Food and Drug Administration 10903 New Hampshire Avenue Document Control Room-WO66-G609 Silver Spring, MD 20993-0002

Mr. Ryan Sysko Chief Executive Officer WellDoc, Incorporated 1501 Saint Paul Street, Suite 118 Baltimore, Marvland 21202

JUL 1 5 2010

Re: K100066

Trade/Device Name: WellDoc DiabetesManager® System and DiabetesManager® Rx System Regulation Number: 21 CFR 880.5725 Regulation Name: Infusion Pump Regulatory Class: II Product Code: MRZ . LNX Dated: June 14, 2010 Received: June 15, 2010

Dear Mr. Sysko:

We have reviewed your Section 510(k) premarket notification of intent to market the device referenced above and have determined the device is substantially equivalent (for the indications for use stated in the enclosure) to legally marketed predicate devices marketed in interstate commerce prior to May 28, 1976, the enactment date of the Medical Device Amendments, or to devices that have been reclassified in accordance with the provisions of the Federal Food, Drug, and Cosmetic Act (Act) that do not require approval of a premarket approval application (PMA).
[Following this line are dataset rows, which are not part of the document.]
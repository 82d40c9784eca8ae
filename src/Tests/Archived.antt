-- ===== src/Tests/Archived.antt =====
-- A ledger with a development run and the archive that is made of it.
use metering.Prelude.{
  ◌<◌, length, arith, ◌≡◌, refl, ℕ, false, List, [], ◌∷◌, any, any_char, contains, subset, filter,
}
use metering.Runtime.{ok, Fields, traverse, get, has_key, without, keys, items, array}
use metering.Runtime.Dict.{find, put, member}
use metering.AgentProtocol.{
  require_object, require_nonempty_array, item, is_text, get_is_text, require_exact_keys,
  require_utf8, require_nonempty_string, require_sha256, require_bool, canonical_json,
  canonical_digest, require_same_json, finite_number, probability, normalize_json_value,
}
use metering.AgentProtocol.Artifact.{decode_candidate, decode_agent_artifact, artifact_digest}
use metering.Journal.{content_record, validate_content_record}
use metering.Population.Schema.{
  configuration_json, normalize_configuration, is_int, in_texts, parent_ids, decode_variation,
  require_population_schema, nonnegative_integer, resources, positive_integer,
}
use metering.Population.Types.{PopulationState, head_id}
use metering.Population.Candidates.{normalize_candidate_body, require_known}
use metering.Population.State.{
  new_state, apply_record, empty_state, header_fields, apply_body, apply_candidate,
  apply_experiment, apply_run, checked_record_id, refuse_sealed,
}
use metering.Population.State.Ledger.{load_state, replay}
use metering.Population.State.Bounded.{IsBounded, load_state-IsBounded}
use metering.Population.Experiments.{experiment_digest, normalize_experiment_body, experiment_spec}
use metering.Population.Runs.{run_digest, normalize_run_body}
use metering.Population.Evidence.{
  run_evidence, decode_task, normalize_distribution, information_model, within,
}
use metering.Information.Measures.{self_information, entropy}
use metering.Information.{distribution, validated_base, validated_probability}
use metering.Tests.Samples.{toy, run_document, digest, costs, experiment_document}
use metering.Information.{validated_base}
use metering.Population.Archives.{normalize_archive_body, group_runs, archive_from, objectives}
use metering.Population.Aggregate.{candidate_aggregate}
use metering.Population.Evidence.{finite_or_infinite}
use metering.Population.Documents.{archive_json}
use metering.Population.Types.{Archive, development}
use metering.Population.State.{apply_archive}
use metering.Prelude.{all, sort_by}
use metering.Tests.Samples.{aggregate}
use metering.Population.State.Members.{loaded_archive_has_member}
use metering.Tests.Choices.{toy_order}
use metering.Tests.Ledgers.{entry, header, candidate_entry, after_run, final_experiment}

abbrev archive : Archive ℕ
unfolding objectives
archive = record {
  eligible_count = 1;
  evaluated_count = 1;
  excluded = [];
  experiment_id = digest;
  members = record (aggregate digest 1 1) { cost = costs 5; reliability = 1; rate = 1 } ∷ [];
  objectives = objectives false;
  policy = record { capacity = 2; reliability_kappa = 1 };
}

abbrev ledger : List (Fields ℕ)
unfolding archive_json objectives
ledger =
    header
    ∷ candidate_entry
    ∷ entry "experiment" 2 (experiment_document "development")
    ∷ entry "run" 3 (run_document "first")
    ∷ entry "archive" 4 (archive_json toy archive)
    ∷ []

abbrev archived : PopulationState ℕ
archived = record after_run {
  records = ledger;
  records_by_id = (digest, entry "archive" 4 (archive_json toy archive)) ∷ [];
  experiments = (digest, record final_experiment { role = development }) ∷ [];
  archives = (digest, archive) ∷ [];
  archive_sequences = (digest, 4) ∷ [];
  latest_archive_by_experiment = (digest, digest) ∷ [];
  final_evaluation_started = false;
  last_run_sequence_by_experiment = (digest, 3) ∷ [];
}

loaded : load_state toy ledger ≡ ok archived
unfolding load_state replay new_state require_exact_keys item get subset keys contains get_is_text
    require_population_schema is_int normalize_configuration require_object configuration_json
    content_record canonical_digest has_key header_fields require_same_json canonical_json
    require_utf8 empty_state apply_record checked_record_id head_id is_text validate_content_record
    any_char without refuse_sealed in_texts apply_body apply_candidate normalize_candidate_body
    decode_candidate require_sha256 require_nonempty_string parent_ids items array require_known
    decode_variation normalize_json_value member put find finite_number decode_agent_artifact
    artifact_digest apply_run normalize_run_body run_digest run_evidence resources
    nonnegative_integer decode_task traverse probability self_information validated_base
    validated_probability any normalize_distribution require_nonempty_array entropy distribution
    filter information_model require_bool within apply_experiment normalize_experiment_body
    experiment_spec positive_integer experiment_digest apply_archive normalize_archive_body
    group_runs candidate_aggregate all archive_from sort_by objectives finite_or_infinite
    archive_json
loaded = refl

load_state-IsBounded_example : IsBounded archived
load_state-IsBounded_example = load_state-IsBounded toy ledger loaded

made : normalize_archive_body toy digest archived ≡ ok archive
unfolding load_state replay new_state require_exact_keys item get subset keys contains get_is_text
    require_population_schema is_int normalize_configuration require_object configuration_json
    content_record canonical_digest has_key header_fields require_same_json canonical_json
    require_utf8 empty_state apply_record checked_record_id head_id is_text validate_content_record
    any_char without refuse_sealed in_texts apply_body apply_candidate normalize_candidate_body
    decode_candidate require_sha256 require_nonempty_string parent_ids items array require_known
    decode_variation normalize_json_value member put find finite_number decode_agent_artifact
    artifact_digest apply_run normalize_run_body run_digest run_evidence resources
    nonnegative_integer decode_task traverse probability self_information validated_base
    validated_probability any normalize_distribution require_nonempty_array entropy distribution
    filter information_model require_bool within apply_experiment normalize_experiment_body
    experiment_spec positive_integer experiment_digest apply_archive normalize_archive_body
    group_runs candidate_aggregate all archive_from sort_by objectives finite_or_infinite
    archive_json
made = refl

loaded_archive_has_member_example : 0 < length archive.members
unfolding objectives
loaded_archive_has_member_example =
    loaded_archive_has_member toy toy_order ledger digest loaded made (omega arith)
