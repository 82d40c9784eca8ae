-- ===== src/Tests/Decoders.antt =====
-- The theorems about the agent protocol, the assay and the selection gate at small documents.
use metering.Prelude.{
  arith, ℕ, ◌≡◌, refl, ◌↔◌, true, false, List, [], ◌∷◌, filter, String, any_char, subset, contains,
  sort_by,
}
use metering.Prelude.Int.{pos}
use metering.Runtime.{
  recursion_error, Platform, ok, raise, traverse, protocol_error, Json, null, bool, int, float, str,
  arr, obj, items, array, get, keys, end, field,
}
use metering.Runtime.Dict.{find, put, member}
use metering.AgentProtocol.{
  require_object, require_nonempty_array, item, is_text, require_exact_keys,
  require_nonempty_string, require_sha256, require_bool, require_schema_version,
  normalize_json_value, finite_number, probability,
}
use metering.AgentProtocol.Artifact.{ArtifactFile, Candidate, skill}
use metering.AgentProtocol.Changes.{artifact_file_map, git_change, changed_artifact_paths}
use metering.AgentProtocol.Changes.Paths.{changed_artifact_paths_iff}
use metering.AgentProtocol.Evaluations.{
  decode_task, decode_forecast, decode_forecast_outcomes, decode_outcomes, decode_candidate_run,
  candidate_run_json, decode_observer_evaluation, observer_evaluation_json, EvaluatorResult,
  ObserverEvaluation, CandidateRun,
}
use metering.AgentProtocol.Evaluations.Observer.{
  IsPair, decode_observer_evaluation-IsPair, decode_observer_evaluation-again,
}
use metering.AgentProtocol.Evaluations.Runs.{decode_candidate_run-again}
use metering.AgentProtocol.Evaluations.Nesting.{nesting}
use metering.AgentProtocol.Evaluations.Refusals.{decode_observer_evaluation-protocol_error}
use metering.Tests.Samples.{toy, digest, other_digest}

abbrev pub result_document : String → Json ℕ
result_document candidate_id = obj (
    field "candidate_id" (str candidate_id) (
      field "evidence" null (
        field "outcome" (str "yes")
          (field "passed" (bool true) (field "safety_passed" (bool true) end)))))

abbrev pub evaluation_document : Json ℕ
evaluation_document = obj (
    field "case_id" (str "case") (
      field "evaluation" (str "first") (
        field "evaluator_id" (str digest) (
          field "results" (arr (array (result_document other_digest ∷ result_document digest ∷ [])))
            (field "schema_version" (int (pos 2)) end)))))

abbrev pub result_of : String → EvaluatorResult ℕ
result_of candidate_id = record {
  candidate_id = candidate_id;
  evidence = null;
  outcome = "yes";
  passed = true;
  safety_passed = true;
}

abbrev pub evaluation : ObserverEvaluation ℕ
evaluation = record {
  case_id = "case";
  evaluation = "first";
  evaluator_id = digest;
  results = result_of digest ∷ result_of other_digest ∷ [];
}

evaluated : decode_observer_evaluation toy evaluation_document ≡ ok evaluation
unfolding decode_observer_evaluation require_object require_exact_keys subset keys item get
    require_schema_version items array traverse require_sha256 any_char normalize_json_value
    require_bool sort_by
evaluated = refl

decode_observer_evaluation-IsPair_example : IsPair evaluation.results
decode_observer_evaluation-IsPair_example =
    decode_observer_evaluation-IsPair toy evaluation_document evaluation evaluated

decode_observer_evaluation-again_example :
    decode_observer_evaluation toy (observer_evaluation_json evaluation) ≡ ok evaluation
decode_observer_evaluation-again_example =
    decode_observer_evaluation-again toy refl evaluation_document evaluation evaluated

abbrev pub forecast_document : Json ℕ
forecast_document = obj (
    field "entropy"
      (obj (
        field "base" (float 2) (
          field "infinite" (bool false)
            (field "measure" (str "entropy") (field "value" (float 0) end)))))
      (field "outcomes"
        (arr (array (obj (field "outcome" (str "yes") (field "probability" (float 1) end)) ∷ [])))
        end))

abbrev pub run_document : Json ℕ
run_document = obj (
    field "candidate_id" (str digest) (
      field "forecast" forecast_document (
        field "runner" (obj (field "adapter_id" (str other_digest) (field "submission" null end))) (
          field "schema_version" (int (pos 2))
            (field "task" (obj (field "case_id" (str "case") (field "input" null end))) end)))))

abbrev pub candidate_run : CandidateRun ℕ
candidate_run = record {
  candidate_id = digest;
  forecast = record {
    base = 2;
    entropy = 0;
    outcomes = record { outcome = "yes"; probability = 1 } ∷ [];
  };
  adapter_id = other_digest;
  submission = null;
  task = record { case_id = "case"; input = null };
}

ran : decode_candidate_run toy run_document ≡ ok candidate_run
unfolding decode_candidate_run require_object require_exact_keys subset keys item get
    require_schema_version require_sha256 any_char finite_number is_text require_bool
    require_nonempty_array array probability items decode_forecast decode_forecast_outcomes
    decode_outcomes decode_task normalize_json_value require_nonempty_string contains sort_by
ran = refl

decode_candidate_run-again_example :
    decode_candidate_run toy (candidate_run_json candidate_run) ≡ ok candidate_run
decode_candidate_run-again_example =
    decode_candidate_run-again toy refl run_document candidate_run ran

-- An evaluation whose first evidence is a float that is not finite.
abbrev infinite_document : Json ℕ
infinite_document = obj (
    field "case_id" (str "case") (
      field "evaluation" (str "first") (
        field "evaluator_id" (str digest) (
          field "results"
            (arr (
              array (
                obj (
                  field "candidate_id" (str digest) (
                    field "evidence" (arr (array (float 1000000 ∷ []))) (
                      field "outcome" (str "yes")
                        (field "passed" (bool true) (field "safety_passed" (bool true) end)))))
                ∷ result_document other_digest
                ∷ [])))
            (field "schema_version" (int (pos 2)) end)))))

refused : decode_observer_evaluation toy infinite_document ≡ raise protocol_error
unfolding decode_observer_evaluation require_object require_exact_keys subset keys item get
    require_schema_version items array traverse require_sha256 any_char normalize_json_value
refused = refl

decode_observer_evaluation-protocol_error_example : protocol_error ≡ protocol_error
unfolding nesting array
decode_observer_evaluation-protocol_error_example =
    decode_observer_evaluation-protocol_error toy infinite_document protocol_error (omega arith)
      refused

-- Evidence that is nested deeper than the stack has room for is not a ProtocolError.
abbrev shallow_stack : Platform
shallow_stack = record toy { recursion_room = 2 }

too_deep :
    normalize_json_value shallow_stack (arr (array (arr (array (null ∷ [])) ∷ [])))
    ≡ raise recursion_error
unfolding normalize_json_value array
too_deep = refl

abbrev text_file : String → String → ArtifactFile
text_file path content = record { content = content; executable = false; path = path }

abbrev with_files : List ArtifactFile → Candidate
with_files files = record { artifact = skill files; candidate_id = digest }

abbrev parent_skill : Candidate
parent_skill = with_files (text_file "SKILL.md" "old" ∷ text_file "notes.md" "kept" ∷ [])

abbrev challenger_skill : Candidate
challenger_skill = with_files (text_file "SKILL.md" "new" ∷ text_file "notes.md" "kept" ∷ [])

changes : changed_artifact_paths parent_skill challenger_skill ≡ "SKILL.md" ∷ []
unfolding changed_artifact_paths sort_by filter artifact_file_map put find member
changes = refl

changed_artifact_paths_iff_example :
    (contains "notes.md" (changed_artifact_paths parent_skill challenger_skill) ≡ false) ↔ (
      find "notes.md" (artifact_file_map parent_skill)
      ≡ find "notes.md" (artifact_file_map challenger_skill))
unfolding git_change
changed_artifact_paths_iff_example =
    changed_artifact_paths_iff parent_skill challenger_skill "notes.md" refl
You may, therefore, market the device, subject to the general controls provisions of the Act. The general controls provisions of the Act include requirements for annual registration, listing of devices, good manufacturing practice, labeling, and prohibitions against misbranding and adulteration. Please note: CDRH does not evaluate information related to contract liability warranties. We remind you, however, that device labeling must be truthful and not misleading.

If your device is classified (see above) into either class II (Special Controls) or class III (PMA), it may be subject to additional controls. Existing major regulations affecting your device can be found in the Code of Federal Regulations, Title 21, Parts 800 to 898. In addition, FDA may publish further announcements concerning your device in the Federal Register.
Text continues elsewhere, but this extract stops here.